Article 16 of the parties' agreement does not alter the express language of Article 18, which permits the Respondent to change work assignments on the same shift without notice. In this regard, Article 16, in relevant part, requires the Respondent, "[i]n the assignment of any work, [to] comply with applicable laws, including" Authority precedent. Master Agreement, GC Ex. 2. Standing alone, as the Judge found, Article 16 does not provide a basis for the Respondent to refuse to bargain in this case. However, as already explained, Authority precedent excuses parties from bargaining over matters, such as the work assignments at issue here, that are already covered by the parties' agreement. Therefore, contrary to the GC's argument that Article 16 preserves the Charging Party's right to bargain in this circumstance, that provision expressly requires bargaining consistent with Authority precedent, which includes the "covered by" doctrine that is applicable here.
Based on the foregoing, we find that the Judge erred in concluding that the Respondent's new work assignment policy was not covered by the agreement. As such, we dismiss the complaint. [n5]
The GC's motion to strike the Dallas RD dismissal letters is denied and the complaint is dismissed.

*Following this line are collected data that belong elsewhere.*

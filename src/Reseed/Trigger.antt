-- ===== src/Reseed/Trigger.antt =====
-- The start of a reseed job (app/routers/backups.py, `trigger_reseed`).
use webui_hub.Prelude.{
  ℕ, String, Bool, false, Option, none, some, List, [], ◌∷◌, ◌==◌, if◌then◌else◌, keep, map,
}
use webui_hub.Json.{Json, Dict, str, num, get, put}
use webui_hub.Disk.{Disk}
use webui_hub.Exec.{Exec, Result, ok, raised, http_error, return, reading, ◌>>=◌}
use webui_hub.Codec.{Codec}
use webui_hub.Models.{User, Spoke, Command}
use webui_hub.Auth.{require_tenant_admin}
use webui_hub.Store.Spokes.{get_spoke, load_spokes, is_approved}
use webui_hub.Store.Spokes.Format.{SpokeFormat, Instants}
use webui_hub.Sockets.{Sockets}
use webui_hub.CommandRoutes.{approved_or_raise, joined}
use webui_hub.Reseed.{SpokeState, Reseed, send_or_queue_reseed_command}

pub record ReseedRequest : Type 0 where
  pub tenant_id : String
  pub template_name : String
  pub latest_blob : String
  pub spoke_ids : List String
  pub vm_id : ℕ

-- The account and the container of the backup settings.
pub record BackupTarget : Type 0 where
  pub azure_account : String
  pub azure_container : String

abbrev pub blob_url : BackupTarget → String → String
blob_url target blob = joined "https://" (
    joined target.azure_account
      (joined ".blob.core.windows.net/" (joined target.azure_container (joined "/" blob))))

abbrev pub build_reseed_command_payload : BackupTarget → String → ReseedRequest → Dict Json
build_reseed_command_payload target job_id req =
    ("cmd_type", str "reseed")
    ∷ ("job_id", str job_id)
    ∷ ("blob_url", str (blob_url target req.latest_blob))
    ∷ ("vm_id", num req.vm_id)
    ∷ ("template_name", str req.template_name)
    ∷ ("azure_account", str target.azure_account)
    ∷ ("azure_container", str target.azure_container)
    ∷ ("retry_max", num 3)
    ∷ []

abbrev pending_state : SpokeState
pending_state = record { status = "pending"; step = none; error = none; retry_count = 0 }

unfoldable pub pending_states : List String → Dict SpokeState → Dict SpokeState
pending_states [] states = states
pending_states (i ∷ ids) states = pending_states ids (put i pending_state states)

abbrev pub started : Bool → SpokeState → SpokeState
started sent st = record st {
  status = if sent then "running" else "queued";
  step = some (if sent then "command_sent" else "queued_offline");
}

abbrev start_state : String → Bool → Dict SpokeState → Option SpokeState → Dict SpokeState
start_state i sent states none = states
start_state i sent states (some st) = put i (started sent st) states

abbrev first_id : String → String → String
first_id job_id spoke_id = joined job_id (joined "-" (joined spoke_id "-0"))

module _ ⦃format : SpokeFormat⦄ ⦃times : Instants⦄ where
  abbrev cons_checked : String → Result Spoke → Result (List String) → Result (List String)
  cons_checked i (raised e) rest = raised e
  cons_checked i (ok s) (raised e) = raised e
  cons_checked i (ok s) (ok ids) = ok (i ∷ ids)

  unfoldable pub checked_ids : String → List String → Disk → Result (List String)
  checked_ids tenant_id [] d = ok []
  checked_ids tenant_id (i ∷ ids) d =
      cons_checked i (approved_or_raise (get_spoke tenant_id i d)) (checked_ids tenant_id ids d)

  abbrev is_all : List String → Bool
  is_all (i ∷ []) = i == "all"
  is_all _ = false

  abbrev chosen : String → List String → Disk → Result (List String)
  chosen tenant_id ids d =
      if is_all ids
      then ok (map (λ s. s.id) (keep is_approved (load_spokes tenant_id d)))
      else checked_ids tenant_id ids d

  abbrev some_or_400 : Result (List String) → Result (List String)
  some_or_400 (raised e) = raised e
  some_or_400 (ok []) = raised (http_error 400)
  some_or_400 (ok (i ∷ ids)) = ok (i ∷ ids)

  -- The approved spokes of the tenant for `["all"]`, else those that are named.
  unfoldable pub chosen_spokes : String → List String → Disk → Result (List String)
  unfolding checked_ids
  chosen_spokes tenant_id ids d = some_or_400 (chosen tenant_id ids d)

  module _ ⦃commands : Codec Command⦄ where
    unfoldable pub dispatch_all :
        (ℕ → Bool)
        → ℕ
        → String
        → String
        → Dict Json
        → List String
        → Dict SpokeState
        → Sockets
        → Exec (Dict SpokeState × Sockets)
    dispatch_all fails now job_id tenant_id payload [] states s = return (states, s)
    dispatch_all fails now job_id tenant_id payload (i ∷ ids) states s = do
      out ← send_or_queue_reseed_command fails now (first_id job_id i) tenant_id i payload s
      dispatch_all fails now job_id tenant_id payload ids
          (start_state i (out.0 == "sent") states (get i states)) out.1

    -- The job that starts, and the sockets that are left.
    unfoldable pub trigger_reseed :
        (ℕ → Bool)
        → ℕ
        → String
        → BackupTarget
        → ReseedRequest
        → User
        → Sockets
        → Exec (Reseed × Sockets)
    trigger_reseed fails now job_id target req user s = do
      u ← reading (λ d. require_tenant_admin req.tenant_id user)
      ids ← reading (chosen_spokes req.tenant_id req.spoke_ids)
      out ←
          dispatch_all fails now job_id req.tenant_id
            (build_reseed_command_payload target job_id req) ids (pending_states ids []) s
      return (
        record {
          job = record { status = "running"; spoke_status = out.0 };
          timers = [];
          dispatched = [];
        },
        out.1,
      )
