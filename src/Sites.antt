-- ===== src/Sites.antt =====
-- The routes by which users see and edit the spokes of a tenant (app/routers/sites.py).
use webui_hub.Prelude.{String, false, not, some, List, [], ◌∷◌, ◌++◌, ◌==◌, ◌+◌, keep, map}
use webui_hub.Text.{strip}
use webui_hub.Json.{Json, Dict}
use webui_hub.Disk.{Disk}
use webui_hub.Exec.{Exec, return, reading, look, write, ◌>>=◌, ◌>>◌}
use webui_hub.Codec.{Codec}
use webui_hub.Models.{User, Tenant, Spoke}
use webui_hub.Auth.{require_tenant_access}
use webui_hub.Store.Tenants.{list_tenants, restore_missing}
use webui_hub.Store.Spokes.{
  load_spokes, get_spoke, save_spoke, revoke_spoke, delete_spoke, is_approved,
}
use webui_hub.Store.Spokes.Format.{SpokeFormat, Instants}
use webui_hub.CommandRoutes.{approved_or_raise}
use webui_hub.SpokeRoutes.Fleet.{admin_of, found_spoke}

abbrev first_site : List String → String
first_site [] = ""
first_site (site ∷ sites) = site

-- The sites that are given, stripped; the legacy field is the first of them.
abbrev pub assigned : List String → Spoke → Spoke
assigned sites s =
    let named = map strip (keep (λ x. not (strip x == "")) sites) in
    record s { assigned_sites = named; assigned_site = first_site named }

module _ ⦃format : SpokeFormat⦄ ⦃times : Instants⦄ where
  unfoldable pub approved_of : List Tenant → Disk → List Spoke
  approved_of [] d = []
  approved_of (t ∷ ts) d = keep is_approved (load_spokes t.id d) ++ approved_of ts d

  -- There is no guard. Of each spoke, eight fields are shown.
  unfoldable pub list_sites_legacy : ⦃tenants : Codec Tenant⦄ → Exec (List Spoke)
  list_sites_legacy = do write restore_missing; look (λ d. approved_of (list_tenants false d) d)

  unfoldable pub list_tenant_spokes : String → User → Exec (List Spoke)
  list_tenant_spokes tenant_id user = do
    u ← reading (λ d. require_tenant_access tenant_id user)
    look (load_spokes tenant_id)

  unfoldable pub get_spoke_detail : String → String → User → Exec Spoke
  get_spoke_detail tenant_id spoke_id user = do
    u ← reading (λ d. require_tenant_access tenant_id user)
    reading (λ d. found_spoke (get_spoke tenant_id spoke_id d))

  -- The checks of the routes that change a spoke.
  abbrev pub editable : String → String → User → Exec Spoke
  editable tenant_id spoke_id user = do
    u ← reading (λ d. admin_of tenant_id user)
    reading (λ d. found_spoke (get_spoke tenant_id spoke_id d))

  unfoldable pub revoke_spoke_route : String → String → User → Exec (Unit {0})
  revoke_spoke_route tenant_id spoke_id user = do
    s ← editable tenant_id spoke_id user
    write (revoke_spoke tenant_id spoke_id)

  unfoldable pub delete_tenant_spoke : String → String → User → Exec (Unit {0})
  delete_tenant_spoke tenant_id spoke_id user = do
    s ← editable tenant_id spoke_id user
    write (delete_spoke tenant_id spoke_id)

  abbrev save_edited : Spoke → Exec Spoke
  save_edited s = do write (save_spoke s); return s

  unfoldable pub update_spoke_config : String → String → Dict Json → User → Exec Spoke
  update_spoke_config tenant_id spoke_id config user = do
    u ← reading (λ d. admin_of tenant_id user)
    found ← reading (λ d. found_spoke (get_spoke tenant_id spoke_id d))
    s ← reading (λ d. approved_or_raise (some found))
    save_edited (record s { config = config; config_version = s.config_version + 1 })

  unfoldable pub update_spoke_label : String → String → String → User → Exec Spoke
  update_spoke_label tenant_id spoke_id label user = do
    s ← editable tenant_id spoke_id user
    save_edited (record s { label = label })

  unfoldable pub update_spoke_assigned_site : String → String → List String → User → Exec Spoke
  update_spoke_assigned_site tenant_id spoke_id sites user = do
    s ← editable tenant_id spoke_id user
    save_edited (assigned sites s)
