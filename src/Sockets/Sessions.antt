-- ===== src/Sockets/Sessions.antt =====
-- Sessions whose messages a socket routes (app/ws.py): five tables of queues under session ids.
use webui_hub.Prelude.{
  String, ◌≡◌, refl, not, ◌&&◌, Option, none, some, List, [], ◌∷◌, ◌++◌, ◌==◌, if◌then◌else◌,
  eq_iff, Bool-cases, inl, inr, sym, ◌∙◌,
}
use webui_hub.Text.{strip}
use webui_hub.Json.{Json, Dict, str, get, put, pop, get-put}
use webui_hub.Crypto.{JsonText}
use webui_hub.Store.Payload.{or_json}

-- `asyncio.Queue`s: the messages that wait, the oldest first.
abbrev pub Queues : Type 0
Queues = Dict (List (Dict Json))

pub record SessionQueues : Type 0 where
  pub shell_queues : Queues
  pub vnc_queues : Queues
  pub provision_queues : Queues
  pub log_fetch_queues : Queues
  pub command_trace_queues : Queues

abbrev added : String → Dict Json → Option (List (Dict Json)) → Queues → Queues
added id message none qs = qs
added id message (some q) qs = put id (q ++ message ∷ []) qs

-- A message of no session, or of one that is not registered, is dropped.
unfoldable pub route : String → Dict Json → Queues → Queues
route id message qs = if id == "" then qs else added id message (get id qs) qs

unfoldable pub session_id : ⦃json : JsonText⦄ → String → Dict Json → String
session_id ⦃json⦄ key message = strip (json.str_of (or_json (get key message) (str "")))

unfoldable pub register_shell_session : String → SessionQueues → SessionQueues
register_shell_session id s = record s { shell_queues = put id [] s.shell_queues }

unfoldable pub unregister_shell_session : String → SessionQueues → SessionQueues
unregister_shell_session id s = record s { shell_queues = pop id s.shell_queues }

unfoldable pub register_vnc_session : String → SessionQueues → SessionQueues
register_vnc_session id s = record s { vnc_queues = put id [] s.vnc_queues }

unfoldable pub unregister_vnc_session : String → SessionQueues → SessionQueues
unregister_vnc_session id s = record s { vnc_queues = pop id s.vnc_queues }

unfoldable pub register_provision_session : String → SessionQueues → SessionQueues
register_provision_session id s = record s { provision_queues = put id [] s.provision_queues }

unfoldable pub unregister_provision_session : String → SessionQueues → SessionQueues
unregister_provision_session id s = record s { provision_queues = pop id s.provision_queues }

unfoldable pub register_log_fetch : String → SessionQueues → SessionQueues
register_log_fetch id s = record s { log_fetch_queues = put id [] s.log_fetch_queues }

unfoldable pub unregister_log_fetch : String → SessionQueues → SessionQueues
unregister_log_fetch id s = record s { log_fetch_queues = pop id s.log_fetch_queues }

unfoldable pub register_command_trace : String → SessionQueues → SessionQueues
register_command_trace id s = record s { command_trace_queues = put id [] s.command_trace_queues }

unfoldable pub unregister_command_trace : String → SessionQueues → SessionQueues
unregister_command_trace id s = record s { command_trace_queues = pop id s.command_trace_queues }

module _ ⦃json : JsonText⦄ where
  unfoldable pub route_shell_message : Dict Json → SessionQueues → SessionQueues
  unfolding route session_id
  route_shell_message m s = record s {
    shell_queues = route (session_id "session_id" m) m s.shell_queues;
  }

  unfoldable pub route_vnc_message : Dict Json → SessionQueues → SessionQueues
  unfolding route session_id
  route_vnc_message m s = record s { vnc_queues = route (session_id "request_id" m) m s.vnc_queues }

  unfoldable pub route_provision_message : Dict Json → SessionQueues → SessionQueues
  unfolding route session_id
  route_provision_message m s = record s {
    provision_queues = route (session_id "request_id" m) m s.provision_queues;
  }

  unfoldable pub route_log_fetch_message : Dict Json → SessionQueues → SessionQueues
  unfolding route session_id
  route_log_fetch_message m s = record s {
    log_fetch_queues = route (session_id "request_id" m) m s.log_fetch_queues;
  }

  unfoldable pub route_command_trace_message : Dict Json → SessionQueues → SessionQueues
  unfolding route session_id
  route_command_trace_message m s = record s {
    command_trace_queues = route (session_id "request_id" m) m s.command_trace_queues;
  }

abbrev appended : Dict Json → Option (List (Dict Json)) → Option (List (Dict Json))
appended m none = none
appended m (some q) = some (q ++ m ∷ [])

get-added :
    (id j : String) (m : Dict Json) (o : Option (List (Dict Json))) (qs : Queues)
    → get id qs ≡ o
    → get j (added id m o qs) ≡ (if id == j then appended m (get id qs) else get j qs)
get-added id j m none qs h = elim (Bool-cases (id == j)) [
  | inl e ↦ rw e (rw (sym ((eq_iff id j).0 e)) (rw h))
  | inr e ↦ rw e
]
get-added id j m (some q) qs h = rw h (get-put id j (q ++ m ∷ []) qs)

pub get-route :
    (id j : String) (m : Dict Json) (qs : Queues)
    → get j (route id m qs)
      ≡ (if not (id == "") && (id == j) then appended m (get j qs) else get j qs)
unfolding route
get-route id j m qs = elim (Bool-cases (id == "")) [
  | inl e ↦ rw e
  | inr e ↦ rw e (get-added id j m (get id qs) qs refl ∙ same)
]
  where
    same :
        (if id == j then appended m (get id qs) else get j qs)
        ≡ (if id == j then appended m (get j qs) else get j qs)
    same = elim (Bool-cases (id == j)) [ inl e ↦ rw e (rw ((eq_iff id j).0 e)) | inr e ↦ rw e ]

File 1: Authority's Decision in 62
File 2: ALJ's Decision
Footnote # 1 for 62 FLRA No. 44 - Authority's Decision
Footnote # 2 for 62 FLRA No. 44 - Authority's Decision
Footnote # 3 for 62 FLRA No. 44 - Authority's Decision
In regard to the phrase "other duties as assigned," or its equivalent, as used in position descriptions, it is understood that it will not be used to regularly assign work to an employee that is not reasonably related to the employee's basic job description. This does not preclude the Employer from detailing employees to other assignments in accordance with applicable laws. In the assignment of any work, the Employer will comply with applicable laws, including 5 USC and the decisions of the Federal Labor Relations Authority.
Judge's Decision at 10.
Footnote # 4 for 62 FLRA No. 44 - Authority's Decision
Article 18, § o provides, as relevant here, that "[e]mployees shall be given at least twenty-four (24) hours notice when it is necessary to make shift changes . . . . Work assignments on the same shift may be changed without advance notice of the parties' agreement." Judge's Decision at 10.